Paul L. Caron

Friday, September 6, 2019

Weekly SSRN Tax Article Review And Roundup: Holderness Reviews Drumbl's Tax Attorneys As Defenders Of Taxpayer Rights

This week, Hayes Holderness (Richmond) reviews Michelle Lyon Drumbl (Washington & Lee), Tax Attorneys as Defenders of Taxpayer Rights, 91 Temple L. Rev. ___ (2019):

Holderness (2017)Tax attorneys serve many purposes. Two examples have been recently explored in this review series: tax attorneys may provide de facto insurance to their clients or may serve as agents of social justice. To these examples, Michelle Drumbl’s forthcoming essay adds another: tax attorneys defend taxpayer rights. One might be tempted to respond, “Well, of course they do; each tax attorney’s job is to make sure her clients only pay the tax they owe.” The strength of Drumbl’s essay is not to contradict this observation or to dwell on it, but to expose it as too narrow a view of the tax attorney’s function.

Drumbl begins this project by exploring the development of the Taxpayer Bill of Rights (TBOR), which was finally codified in a single list only in 2015 (though, as the essay observes, many of the rights did predate the current listing in IRC § 7803(a)(3)). These rights include “the right to be informed,” “the right to quality service,” “the right to pay no more than the correct amount of tax,” “the right to challenge the position of the Internal Revenue Service and be heard,” “the right to appeal a decision of the Internal Revenue Service in an independent forum,” “the right to finality,” “the right to privacy,” “the right to confidentiality,” “the right to retain representation,” and “the right to a fair and just tax system.” Astute readers will notice that only one of these codified rights is the right to pay no more than the tax one owes.

Heartbreaking administrative abuses and oversights formed the impetus for codifying the TBOR, with the hope that the legislation would lead to reforms within the IRS. Certainly, the IRS has changed for the better since the first TBOR legislation, but Drumbl makes a compelling case for concern that tax administration is backsliding. Understaffed and underfunded (exacerbated by the significant changes to the federal income tax law in 2017), the IRS has been forced into cutting taxpayer services and into adopting increasingly automated procedures and processes. Here, it is important to understand the wide-ranging impact of the IRS’ administrative responsibilities: the process of tax collection can be deeply intrusive into taxpayers’ lives and may come with serious collateral consequences, and the process of administering social benefit programs such as the EITC can also be deeply impactful in participants’ lives. Less attention from the IRS on individuals’ cases and issues threatens abuses of taxpayer rights such as those of information, quality service, and a fair and just tax system.

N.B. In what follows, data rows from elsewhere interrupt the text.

-- ===== src/Executor/Managed.antt =====
-- The orchestrator (forge-executor/src/orchestrator.rs) over the Firecracker backend
-- (forge-executor/src/firecracker.rs), and a client that keeps the handles that it is given.
pub mod Exact
pub mod Ended
pub mod Calls
pub mod Tasks
use apeiron.Base.{ℕ, List, [], ◌∷◌, none, some}
use apeiron.Base.Counts.{pick}
use apeiron.Core.Id.{Uuid}
use apeiron.Executor.Config.{VmConfig, SnapshotId, VmHandle}
use apeiron.Executor.Action.{Result, ok}
use apeiron.Executor.Host.{Env, Trace}
use apeiron.Executor.Firecracker.{FirecrackerBackend}
use apeiron.Executor.Firecracker.Instance.{firecracker}
use apeiron.Executor.Firecracker.Ownership.{and_returned}
use apeiron.Executor.Orchestrator.{VmOrchestrator, spawn, snapshot, restore, terminate}

-- What a client asks for; it names a handle by its place among those that it has.
pub data Demand : Type 0 where
  spawn_one : VmConfig → Demand
  restore_one : SnapshotId → Demand
  snapshot_nth : ℕ → Demand
  terminate_nth : ℕ → Demand

-- `lost` are the identifiers of the handles that were given to a terminate which failed.
pub record Client : Type 0 where
  pub handles : List VmHandle
  pub lost : List Uuid
  pub orch : VmOrchestrator Trace

-- What a terminate leaves behind: the identifier, if it failed.
unfoldable pub and_lost : Result (Unit {0}) → Uuid → List Uuid → List Uuid
and_lost (ok u) id ids = ids
and_lost _ id ids = id ∷ ids

module _ (env : Env) (self : FirecrackerBackend) where
  unfoldable pub demand : Demand → Client → Client
  demand (spawn_one config) s =
      let (r, orch) = spawn (firecracker env self) config s.orch in
      record { handles = and_returned r s.handles; lost = s.lost; orch = orch }
  demand (restore_one id) s =
      let (r, orch) = restore (firecracker env self) id s.orch in
      record { handles = and_returned r s.handles; lost = s.lost; orch = orch }
  demand (snapshot_nth n) s = elim (pick n s.handles) [
    | none ↦ s
    | some (handle, rest) ↦
        (let (r, orch) = snapshot (firecracker env self) handle s.orch in
          record { handles = s.handles; lost = s.lost; orch = orch })
  ]
  demand (terminate_nth n) s = elim (pick n s.handles) [
    | none ↦ s
    | some (handle, rest) ↦
        (let (r, orch) = terminate (firecracker env self) handle s.orch in
          record { handles = rest; lost = and_lost r handle.id s.lost; orch = orch })
  ]

  unfoldable pub demand_all : List Demand → Client → Client
  demand_all [] s = s
  demand_all (d ∷ ds) s = demand_all ds (demand d s)
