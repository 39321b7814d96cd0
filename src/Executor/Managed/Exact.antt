-- ===== src/Executor/Managed/Exact.antt =====
-- The orchestrator over Firecracker is exact: which processes are not dropped and which VMs are
-- registered, by the handles that the client has.
use apeiron.Base.{
  ℕ, suc, ◌+◌, ◌≡◌, ap, ◌∙◌, sym, Bool, true, false, ◌||◌, ◌==◌, List, ◌∷◌, map, arith, count,
  ==_iff, Bool-cases, inl, inr, length, if◌then◌else◌,
}
use apeiron.Core.Id.{Uuid}
use apeiron.Std.BTreeSet.{
  contains, IsAscending, contains-insert, insert-IsAscending, length-insert, insert,
}
use apeiron.Executor.Config.{Pid, VmHandle}
use apeiron.Executor.Action.{ok}
use apeiron.Executor.Host.{Env, Trace}
use apeiron.Executor.Firecracker.Processes.{undropped}
use apeiron.Executor.Firecracker.Identifiers.{drawn, NeverTwice, DrawsOne}
use apeiron.Executor.Orchestrator.{active_count}
use apeiron.Executor.Managed.{Client}

abbrev pub bit : Bool → ℕ
bit b = if b then 1 else 0

abbrev pub ids : List VmHandle → List Uuid
ids = map (λ (h : VmHandle). h.id)

abbrev pub pids : List VmHandle → List Pid
pids = map (λ (h : VmHandle). h.process)

bit-insert :
    (x a : Uuid) (xs : List Uuid)
    → contains a xs ≡ false
    → bit (contains x (insert a xs))
      ≡ (if a == x then suc (bit (contains x xs)) else bit (contains x xs))
bit-insert x a xs c = elim (Bool-cases (x == a)) [
  | inl q ↦
      (let e = ap (λ y. contains y xs) ((==_iff x a).0 q) in
        ground (arith, contains-insert x a xs, c, e))
  | inr q ↦ ground (arith, contains-insert x a xs)
]

-- Every process that is not dropped is that of one handle of the client's. The registry has each identifier of
-- a handle or of a failed terminate once, and no other; all of them were drawn.
pub record IsExact (env : Env) (s : Client) : Type 0 where
  pub ascending : IsAscending s.orch.active_vms
  pub known :
      (id : Uuid) → contains id s.orch.active_vms ≡ true → drawn env s.orch.governed id ≡ true
  pub registered :
      (id : Uuid) → bit (contains id s.orch.active_vms) ≡ count id (ids s.handles) + count id s.lost
  pub kept : (p : Pid) → count p (undropped s.orch.governed) ≡ count p (pids s.handles)
  pub number : length (undropped s.orch.governed) ≡ length s.handles
  pub counted : active_count s.orch ≡ length s.handles + length s.lost

-- The backend did something that neither starts nor ends a process.
pub kept-IsExact :
    (env : Env) (s : Client) (t : Trace)
    → undropped t ≡ undropped s.orch.governed
    → ((id : Uuid) → drawn env s.orch.governed id ≡ true → drawn env t id ≡ true)
    → IsExact env s
    → IsExact env (record s { orch = record { governed = t; active_vms = s.orch.active_vms } })
unfolding active_count
kept-IsExact env s t l d h = record {
  ascending = h.ascending;
  known = λ id c. d id (h.known id c);
  registered = h.registered;
  kept = λ p. ap (count p) l ∙ h.kept p;
  number = ap length l ∙ h.number;
  counted = h.counted;
}

module _ {env : Env} (never : NeverTwice env) where
  not_registered :
      (s : Client) (id : Uuid)
      → IsExact env s
      → id ≡ env.random s.orch.governed
      → contains id s.orch.active_vms ≡ false
  not_registered s id h p = elim (Bool-cases (contains id s.orch.active_vms)) [
    | inl c ↦ (let d = sym (h.known id c) ∙ ap (drawn env s.orch.governed) p ∙ never.unseen _ in cc)
    | inr c ↦ c
  ]

  pub returned-IsExact :
      (s : Client) (handle : VmHandle) (t : Trace)
      → DrawsOne env (ok handle, t) s.orch.governed
      → undropped t ≡ handle.process ∷ undropped s.orch.governed
      → IsExact env s
      → IsExact env (record {
        handles = handle ∷ s.handles;
        lost = s.lost;
        orch = record { governed = t; active_vms = insert handle.id s.orch.active_vms };
      })
  unfolding DrawsOne active_count
  returned-IsExact s handle t (p, d) l h =
      let c = not_registered s handle.id h p in
      let known_too : (id : Uuid)
          → contains id (insert handle.id s.orch.active_vms) ≡ true
          → (env.random s.orch.governed == id || drawn env s.orch.governed id) ≡ true =
        λ id e. ground (arith, contains-insert id handle.id s.orch.active_vms, p, h.known id, e) in
      record {
        ascending = insert-IsAscending handle.id s.orch.active_vms h.ascending;
        known = λ id e. d id ∙ known_too id e;
        registered =
            λ id. bit-insert id handle.id s.orch.active_vms c ∙ ground (arith, h.registered id);
        kept = λ q. ap (count q) l ∙ ground (arith, h.kept q);
        number = ap length l ∙ ap suc h.number;
        counted =
            ground (arith, length-insert handle.id s.orch.active_vms h.ascending, h.counted, c);
      }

One solution to this potential problem is to increase IRS resources, but Drumbl—understandably—does not spend her time advocating for that solution. Instead, she turns to another guardrail. 1998’s TBOR legislation established the low-income taxpayer clinic grant program, which has greatly expanded access to tax representation for vulnerable populations. Drumbl picks up on this development as crucial to the thesis of her essay, which is that tax attorneys are a critical line of protection for taxpayer rights. As sophisticated repeat players, tax attorneys, particularly those working with or in low-income taxpayer clinics, can ensure that taxpayers receive the information, service, and process they are due, while also protecting taxpayers from the collateral consequences of ineffective tax administration.

Drumbl argues that this role for tax attorneys is especially important in the case of vulnerable populations who may be contesting relatively small amounts of tax, and who, without representation, might choose to suffer through abuses of their rights. Such choices, in turn, would whittle away at government accountability, which would be harmful to the overall state of the tax system. Her arguments are sound and sensible, and could be expanded even further. It would be helpful to continue to develop how tax attorneys (in concert with other tax professionals) can help reform the law to ease the burden placed on vulnerable populations, not only from the perspective of the substantive direct impact on those populations but also from the IRS’ perspective of administering the laws. To be fair, the essay touches briefly on such concerns, which are in line with the thrust of the argument, but, my appetite whetted, I could not help but hunger for more. It would also be interesting to more deeply explore the scope of the taxpayer right to representation and what obligations that right places on tax attorneys.

Stepping back, Drumbl’s essay essentially boils down to a call to service for tax attorneys in this particular era of tax administration: they must protect the taxpayers that they serve. To be clear, Drumbl does not place blame or ill-will at the feet of the IRS, which is full of dedicated public servants deserving appreciation and praise. Rather, the problem Drumbl highlights—the backsliding of protections for taxpayers against administrative failings—results from an agency stretched too thin. Her position is that tax attorneys must fill that void and prop up taxpayer rights against the backslide. Those tax attorneys among us should heed her call.